▶ _Task_
In the data below, work out how many lines include the string "Common". Only the number should be given.

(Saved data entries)

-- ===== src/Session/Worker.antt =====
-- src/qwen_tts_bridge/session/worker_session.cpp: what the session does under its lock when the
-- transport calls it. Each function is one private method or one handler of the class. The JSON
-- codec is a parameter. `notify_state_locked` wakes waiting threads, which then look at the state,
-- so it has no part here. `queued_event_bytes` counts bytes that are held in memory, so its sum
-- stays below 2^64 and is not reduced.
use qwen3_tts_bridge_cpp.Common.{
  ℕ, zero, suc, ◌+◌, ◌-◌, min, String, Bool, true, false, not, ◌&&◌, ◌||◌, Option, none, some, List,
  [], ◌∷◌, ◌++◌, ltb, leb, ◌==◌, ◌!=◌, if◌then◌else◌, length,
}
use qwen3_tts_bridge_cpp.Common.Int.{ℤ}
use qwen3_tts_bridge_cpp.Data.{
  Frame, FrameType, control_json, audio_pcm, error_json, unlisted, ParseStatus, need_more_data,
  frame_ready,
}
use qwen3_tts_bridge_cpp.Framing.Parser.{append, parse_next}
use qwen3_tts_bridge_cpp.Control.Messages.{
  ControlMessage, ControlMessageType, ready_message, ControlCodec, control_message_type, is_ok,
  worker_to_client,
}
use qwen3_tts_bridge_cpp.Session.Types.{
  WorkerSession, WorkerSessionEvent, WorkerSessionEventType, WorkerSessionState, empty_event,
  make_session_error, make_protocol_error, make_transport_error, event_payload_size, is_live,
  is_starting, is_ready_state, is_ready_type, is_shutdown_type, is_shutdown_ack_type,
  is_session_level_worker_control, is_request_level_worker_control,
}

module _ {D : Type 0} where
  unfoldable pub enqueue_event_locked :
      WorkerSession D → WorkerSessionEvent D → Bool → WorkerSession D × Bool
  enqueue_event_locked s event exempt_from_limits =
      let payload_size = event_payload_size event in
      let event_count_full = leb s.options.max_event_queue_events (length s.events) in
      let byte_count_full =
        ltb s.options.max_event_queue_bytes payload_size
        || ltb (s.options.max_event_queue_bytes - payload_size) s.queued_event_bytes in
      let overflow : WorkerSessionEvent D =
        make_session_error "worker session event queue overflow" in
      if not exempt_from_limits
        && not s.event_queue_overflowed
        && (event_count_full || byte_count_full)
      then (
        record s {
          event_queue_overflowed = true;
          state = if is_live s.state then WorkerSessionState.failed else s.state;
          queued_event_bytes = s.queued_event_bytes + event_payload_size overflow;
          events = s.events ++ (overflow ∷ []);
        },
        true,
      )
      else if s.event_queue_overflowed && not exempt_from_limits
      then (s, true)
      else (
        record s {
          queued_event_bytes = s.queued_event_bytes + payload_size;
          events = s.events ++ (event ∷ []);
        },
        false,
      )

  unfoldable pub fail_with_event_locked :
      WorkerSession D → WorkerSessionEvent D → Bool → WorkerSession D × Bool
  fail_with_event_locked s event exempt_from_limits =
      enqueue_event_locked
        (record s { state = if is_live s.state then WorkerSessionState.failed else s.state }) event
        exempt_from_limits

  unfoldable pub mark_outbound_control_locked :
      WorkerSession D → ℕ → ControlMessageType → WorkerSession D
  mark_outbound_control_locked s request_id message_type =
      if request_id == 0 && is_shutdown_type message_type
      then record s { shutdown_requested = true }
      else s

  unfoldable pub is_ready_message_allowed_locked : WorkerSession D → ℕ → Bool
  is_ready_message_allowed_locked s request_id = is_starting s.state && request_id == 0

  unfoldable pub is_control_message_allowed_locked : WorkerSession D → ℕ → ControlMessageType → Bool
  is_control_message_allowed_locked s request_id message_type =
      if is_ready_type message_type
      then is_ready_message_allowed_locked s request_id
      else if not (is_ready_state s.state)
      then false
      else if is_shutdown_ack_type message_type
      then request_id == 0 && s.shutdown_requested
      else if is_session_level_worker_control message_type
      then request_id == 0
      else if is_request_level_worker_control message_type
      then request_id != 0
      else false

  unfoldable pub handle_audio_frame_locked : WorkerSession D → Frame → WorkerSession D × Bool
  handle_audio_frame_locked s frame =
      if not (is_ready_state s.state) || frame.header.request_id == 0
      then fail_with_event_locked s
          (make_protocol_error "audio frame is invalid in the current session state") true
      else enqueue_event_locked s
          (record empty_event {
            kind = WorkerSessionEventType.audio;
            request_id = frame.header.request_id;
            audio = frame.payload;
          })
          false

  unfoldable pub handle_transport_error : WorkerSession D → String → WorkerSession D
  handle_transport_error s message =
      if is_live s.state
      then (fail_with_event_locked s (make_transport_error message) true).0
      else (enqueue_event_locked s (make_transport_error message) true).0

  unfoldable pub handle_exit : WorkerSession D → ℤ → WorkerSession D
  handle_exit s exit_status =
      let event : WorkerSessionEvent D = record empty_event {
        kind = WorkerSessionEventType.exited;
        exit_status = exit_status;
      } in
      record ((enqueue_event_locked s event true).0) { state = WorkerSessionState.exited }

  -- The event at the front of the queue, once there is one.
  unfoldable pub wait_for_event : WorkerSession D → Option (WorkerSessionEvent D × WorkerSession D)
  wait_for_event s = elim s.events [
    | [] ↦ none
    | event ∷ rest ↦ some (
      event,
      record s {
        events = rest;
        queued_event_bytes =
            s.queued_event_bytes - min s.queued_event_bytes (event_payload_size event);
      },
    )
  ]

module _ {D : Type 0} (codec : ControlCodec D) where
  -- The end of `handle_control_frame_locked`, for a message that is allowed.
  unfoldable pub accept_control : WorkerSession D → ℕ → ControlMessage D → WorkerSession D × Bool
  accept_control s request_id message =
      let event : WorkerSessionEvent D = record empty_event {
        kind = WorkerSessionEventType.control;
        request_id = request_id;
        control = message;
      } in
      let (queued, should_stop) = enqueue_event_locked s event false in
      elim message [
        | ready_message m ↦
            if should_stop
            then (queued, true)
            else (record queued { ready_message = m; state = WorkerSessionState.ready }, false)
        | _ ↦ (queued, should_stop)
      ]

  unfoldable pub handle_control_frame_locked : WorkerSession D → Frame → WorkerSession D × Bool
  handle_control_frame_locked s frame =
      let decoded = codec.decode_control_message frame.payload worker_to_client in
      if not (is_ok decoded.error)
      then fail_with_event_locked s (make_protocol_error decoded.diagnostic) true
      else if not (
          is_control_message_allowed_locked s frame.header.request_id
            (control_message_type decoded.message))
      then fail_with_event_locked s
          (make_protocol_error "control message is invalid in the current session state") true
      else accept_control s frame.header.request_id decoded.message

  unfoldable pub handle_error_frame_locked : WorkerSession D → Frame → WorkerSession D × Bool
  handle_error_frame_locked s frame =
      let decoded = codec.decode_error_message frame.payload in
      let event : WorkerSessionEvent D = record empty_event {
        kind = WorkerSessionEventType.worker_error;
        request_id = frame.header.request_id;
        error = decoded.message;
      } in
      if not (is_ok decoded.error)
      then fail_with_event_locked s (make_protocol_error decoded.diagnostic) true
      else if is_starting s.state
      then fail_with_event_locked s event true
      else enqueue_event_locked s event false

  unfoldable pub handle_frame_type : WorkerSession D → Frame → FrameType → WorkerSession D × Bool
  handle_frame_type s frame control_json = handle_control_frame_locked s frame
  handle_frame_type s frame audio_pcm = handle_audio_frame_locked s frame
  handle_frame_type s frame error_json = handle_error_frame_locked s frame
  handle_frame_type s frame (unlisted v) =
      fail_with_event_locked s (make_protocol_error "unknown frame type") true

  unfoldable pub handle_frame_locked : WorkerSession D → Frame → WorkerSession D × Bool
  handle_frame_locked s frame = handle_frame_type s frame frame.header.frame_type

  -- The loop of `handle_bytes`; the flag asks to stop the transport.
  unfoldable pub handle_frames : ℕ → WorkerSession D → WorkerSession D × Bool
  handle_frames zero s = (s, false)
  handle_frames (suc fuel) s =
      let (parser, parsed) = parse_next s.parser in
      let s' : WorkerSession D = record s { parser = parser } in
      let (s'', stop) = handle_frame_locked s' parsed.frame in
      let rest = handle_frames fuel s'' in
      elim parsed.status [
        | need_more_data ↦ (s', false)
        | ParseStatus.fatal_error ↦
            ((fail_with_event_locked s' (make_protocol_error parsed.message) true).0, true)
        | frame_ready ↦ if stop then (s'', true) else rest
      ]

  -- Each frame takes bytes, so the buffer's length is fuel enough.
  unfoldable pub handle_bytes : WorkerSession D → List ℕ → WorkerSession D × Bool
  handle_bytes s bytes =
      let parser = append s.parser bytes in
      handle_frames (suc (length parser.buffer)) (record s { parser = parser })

▶ _Exercise output_
2